米乐沿着贝蕾的目光向“萤火虫”的父亲望去,他正在给另一个游客画像,今天的生意不错,没有什么值得奇怪的,米乐不敢多问,贝蕾的内心世界太丰富太复杂,他经常为自己的简单感到自卑。
“我们去教会吧。”他大胆地拉起贝蕾的手。
第二章
我和他住在一起了
贝蕾顺从地跟米乐离开海滩。 雷蒙跟一个女孩儿手牵手从远处走来,那女孩儿扎着两条小辫子,素面朝天,打扮得像个小村姑。雷蒙换女朋友了?贝蕾刚想跟米乐说,却发现那村姑正是“黑妞”。“黑妞”一向浓妆艳抹,怎么突然归真返璞了呢?在北京,因为她喜欢另类打扮在学校里被老师视作问题少女和害群之马,以致于“黑妞”辍学之后,贝蕾跟她的通信往来,都被看管寄宿学生的老师当做罪状向班主任和妈妈告状。

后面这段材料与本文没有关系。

-- ===== src/Server/Setup.antt =====
-- The options of `main` in server/main.cpp, from the command line to the values that the server runs
-- with.
use win_udpsharded_echo.Prelude.{
  ℕ, ◌≤◌, ◌<◌, ◌≡◌, refl, ap, ◌∙◌, List, [], Bool, true, false, Option, none, some, arith, Text,
  codes, text_eq, find, emplace, if◌then◌else◌, Bool-cases, inl, inr,
}
use win_udpsharded_echo.ArgParser.{
  ArgParser, empty_parser, add_option, parse, get, is_set, value_of,
}
use win_udpsharded_echo.Options.{
  ◌>>=◌, is_empty, is_empty-nil, Numerals, parse_port, choose_workers, positive_or, is_on,
  parse_port_bounds, choose_workers_bounds, positive_or_bounds, get-parse-some,
}

pub server_parser : ArgParser
server_parser = add_option (codes "help") b'h' (codes "0") false (codes "Show this help") (
    add_option (codes "sync-reply") b's' (codes "0") false
      (codes "Reply synchronously using sendto (default: async IO)")
      (add_option (codes "recvbuf") b'b' (codes "4194304") true
        (codes "Socket receive buffer size in bytes (default: 4194304 = 4MB)")
        (add_option (codes "cores") b'c' (codes "0") true
          (codes "Number of cores to use (default: all available)")
          (add_option (codes "duration") b'd' (codes "0") true
            (codes "Run for N seconds then exit (0 = unlimited)")
            (add_option (codes "port") b'p' (codes "7") true
              (codes " UDP port to listen on (default: 7)")
              (add_option (codes "verbose") b'v' (codes "0") false
                (codes "Enable verbose logging (default: minimal)") empty_parser))))))

pub record Settings : Type 0 where
  pub verbose : Bool
  pub sync_reply : Bool
  pub port : ℕ
  pub num_workers : ℕ
  pub recvbuf : ℕ
  pub duration_sec : ℕ

-- The exceptions: `get` of a name that is not registered, and the two about the port.
pub data Refusal : Type 0 where
  unknown_option port_required invalid_port : Refusal

pub data Setup : Type 0 where
  helps : Setup
  refuses : Refusal → Setup
  configured : Settings → Setup

-- What `get` returns for each name.
pub record Values : Type 0 where
  pub port_str : Text
  pub cores_str : Text
  pub recvbuf_str : Text
  pub duration_str : Text
  pub verbose_str : Text
  pub sync_reply_str : Text

get_values : ArgParser → Option Values
get_values p = do
  port ← get (codes "port") p
  cores ← get (codes "cores") p
  recvbuf ← get (codes "recvbuf") p
  duration ← get (codes "duration") p
  verbose ← get (codes "verbose") p
  sync_reply ← get (codes "sync-reply") p
  some (record {
    port_str = port;
    cores_str = cores;
    recvbuf_str = recvbuf;
    duration_str = duration;
    verbose_str = verbose;
    sync_reply_str = sync_reply;
  })

settings : Numerals → ℕ → Values → Option ℕ → Setup
settings c num_processors v none = refuses invalid_port
settings c num_processors v (some port) = configured (record {
  verbose = is_on v.verbose_str;
  sync_reply = is_on v.sync_reply_str;
  port = port;
  num_workers = choose_workers c num_processors v.cores_str;
  recvbuf = positive_or 4_194_304 c v.recvbuf_str;
  duration_sec = positive_or 0 c v.duration_str;
})

configure : Numerals → ℕ → Option Values → Setup
configure c num_processors none = refuses unknown_option
configure c num_processors (some v) =
    if is_empty v.port_str
    then refuses port_required
    else settings c num_processors v (parse_port c v.port_str)

-- `main` up to the start of Winsock, for the arguments after the program's name.
pub server_options : Numerals → ℕ → List Text → Setup
server_options c num_processors argv =
    let p = parse server_parser argv in
    if is_set (codes "help") p then helps else configure c num_processors (get_values p)

-- What comes out: nothing is refused but the text that `port` has in the end, which must be empty or
-- no number from 1 to 65535; and the settings are within bounds.
abbrev pub IsProper : Numerals → ℕ → ArgParser → Setup → Type 0
IsProper c num_processors p helps = is_set (codes "help") p ≡ true
IsProper c num_processors p (refuses unknown_option) = ⊥
IsProper c num_processors p (refuses port_required) = get (codes "port") p ≡ some []
IsProper c num_processors p (refuses invalid_port) =
    (text : Text) × (get (codes "port") p ≡ some text) × (parse_port c text ≡ none)
IsProper c num_processors p (configured s) =
    (1 ≤ s.port)
    × (s.port ≤ 65_535)
    × (1 ≤ s.num_workers)
    × (s.num_workers ≤ num_processors)
    × (1 ≤ s.recvbuf)

get_values-parse :
    (argv : List Text)
    → (v : Values) × (get_values (parse server_parser argv) ≡ some v)
      × (get (codes "port") (parse server_parser argv) ≡ some v.port_str)
unfolding get_values get value_of server_parser add_option find emplace text_eq
get_values-parse argv =
    let p = parse server_parser argv in
    let (port, e1) = get-parse-some server_parser argv (codes "port") (codes "7") refl in
    let (cores, e2) = get-parse-some server_parser argv (codes "cores") (codes "0") refl in
    let (recvbuf, e3) =
      get-parse-some server_parser argv (codes "recvbuf") (codes "4194304") refl in
    let (duration, e4) = get-parse-some server_parser argv (codes "duration") (codes "0") refl in
    let (verbose, e5) = get-parse-some server_parser argv (codes "verbose") (codes "0") refl in
    let (sync_reply, e6) =
      get-parse-some server_parser argv (codes "sync-reply") (codes "0") refl in
    let v : Values = record {
      port_str = port;
      cores_str = cores;
      recvbuf_str = recvbuf;
      duration_str = duration;
      verbose_str = verbose;
      sync_reply_str = sync_reply;
    } in
    (v, rw (e1, e2, e3, e4, e5, e6) refl, e1)

settings-IsProper :
    (c : Numerals) (num_processors : ℕ) (p : ArgParser) (v : Values) (o : Option ℕ)
    → 0 < num_processors
    → get (codes "port") p ≡ some v.port_str
    → parse_port c v.port_str ≡ o
    → IsProper c num_processors p (settings c num_processors v o)
unfolding settings
settings-IsProper c num_processors p v none h e k = (v.port_str, e, k)
settings-IsProper c num_processors p v (some port) h e k =
    let (low, high) = parse_port_bounds c v.port_str port k in
    let (some_worker, few) = choose_workers_bounds c num_processors v.cores_str h in
    (low, high, some_worker, few, positive_or_bounds 4_194_304 c v.recvbuf_str (omega arith))

configure-IsProper :
    (c : Numerals) (num_processors : ℕ) (p : ArgParser) (v : Values)
    → 0 < num_processors
    → get (codes "port") p ≡ some v.port_str
    → IsProper c num_processors p (configure c num_processors (some v))
unfolding configure
configure-IsProper c num_processors p v h e = elim (Bool-cases (is_empty v.port_str)) [
  | inl b ↦ rw (b, IsProper) (e ∙ ap some (is_empty-nil v.port_str b))
  | inr b ↦ rw b (settings-IsProper c num_processors p v (parse_port c v.port_str) h e refl)
]

-- With one processor or more, every command line of the server ends in one of three ways: in the
-- help, which it asks for; in a refusal of the port, whose text is empty or holds no number from 1 to
-- 65535; or in settings with a port from 1 to 65535, at least one worker, at most one for each
-- processor, and a receive buffer of at least one byte. No option is ever unknown.
pub server_options-IsProper :
    (c : Numerals) (num_processors : ℕ) (argv : List Text)
    → 0 < num_processors
    → IsProper c num_processors (parse server_parser argv) (server_options c num_processors argv)
unfolding server_options
server_options-IsProper c num_processors argv h =
    let p = parse server_parser argv in
    let (v, e, k) = get_values-parse argv in
    elim (Bool-cases (is_set (codes "help") p)) [
      | inl b ↦ rw (b, IsProper) b
      | inr b ↦ rw (b, e) (configure-IsProper c num_processors p v h k)
    ]
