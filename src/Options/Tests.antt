-- ===== src/Options/Tests.antt =====
-- Command lines of both programs, with numbers that are read digit by digit.
use win_udpsharded_echo.Prelude.{
  ℕ, ◌+◌, ◌-◌, ◌*◌, ◌≡◌, List, [], ◌∷◌, Option, none, some, arith, leb, ◌&&◌, if◌then◌else◌, Text,
  codes,
}
use win_udpsharded_echo.ArgParser.{parse}
use win_udpsharded_echo.Options.{ℤ, pos, Numerals}
use win_udpsharded_echo.Server.Setup.{server_parser, server_options, server_options-IsProper}
use win_udpsharded_echo.Server.Setup
use win_udpsharded_echo.Client.Options.{client_parser, client_options, Values, get_values}
use win_udpsharded_echo.Client.Proper.{client_options-IsProper}
use win_udpsharded_echo.Client.Proper

abbrev or_nought : Option ℕ → ℕ
or_nought none = 0
or_nought (some n) = n

-- The digits in front, after those that were read.
abbrev digits : Option ℕ → Text → Option ℕ
digits read [] = read
digits read (c ∷ cs) =
    if leb b'0' c && leb c b'9' then digits (some (or_nought read * 10 + (c - b'0'))) cs else read

abbrev signed : Option ℕ → Option ℤ
signed none = none
signed (some n) = some (pos n)

abbrev decimal : Numerals
decimal = record {
  strtol = λ text. signed (digits none text);
  strtoul = λ text. or_nought (digits none text);
  strtoull = λ text. or_nought (digits none text);
}

abbrev server_line : List Text
server_line = codes "--port=5000" ∷ codes "-c" ∷ codes "4" ∷ codes "-s" ∷ []

server_options-IsProper_example :
    Setup.IsProper decimal 8
      (parse server_parser server_line)
      (server_options decimal 8 server_line)
server_options-IsProper_example = server_options-IsProper decimal 8 server_line (omega arith)

abbrev client_line : List Text
client_line =
    codes "--server" ∷ codes "::1" ∷ codes "-l" ∷ codes "1000" ∷ codes "-C" ∷ codes "bbr" ∷ []

client_options-IsProper_example :
    (v : Values) × (get_values (parse client_parser client_line) ≡ some v)
    × Proper.IsProper decimal 8
        (parse client_parser client_line)
        v
        (client_options decimal 8 client_line)
client_options-IsProper_example = client_options-IsProper decimal 8 client_line (omega arith)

还是爱情的力量伟大。
“嗨,‘黑妞’,雷蒙,好久都没看你们上网,几次party你们也没去,干嘛去了?”
“黑妞”看看雷蒙,没有化妆的脸上露出羞涩的笑容。
这也让贝蕾刮目,“黑妞”在北京是不折不扣的野姑娘,那会儿贝蕾觉得她很酷,处处模仿她的言行举止,所有人都说贝蕾上中学以后变了一个人,妈妈说她每个礼拜从学校接贝蕾回家都感到陌生和无所适从。
雷蒙说:“‘黑妞’很忙,她白天补习功课,晚上在夜总会做DJ。”
“黑妞”勾住贝蕾的肩膀,“谢谢你让我认识了雷蒙,他为我设计了很好的未来,正在帮我申请悉尼的音乐专科学校,相当于我们的职业高中,不用啃数理化,我要学音乐制作,将来开一家自己的唱片公司。你知道的,以前我的父母、亲戚和老师都为我的将来发愁,我从来不知道明天的我会是什么样子,现在看到我的明天了,我第一次体会到充实的感觉,好像重获新生,感觉真好。”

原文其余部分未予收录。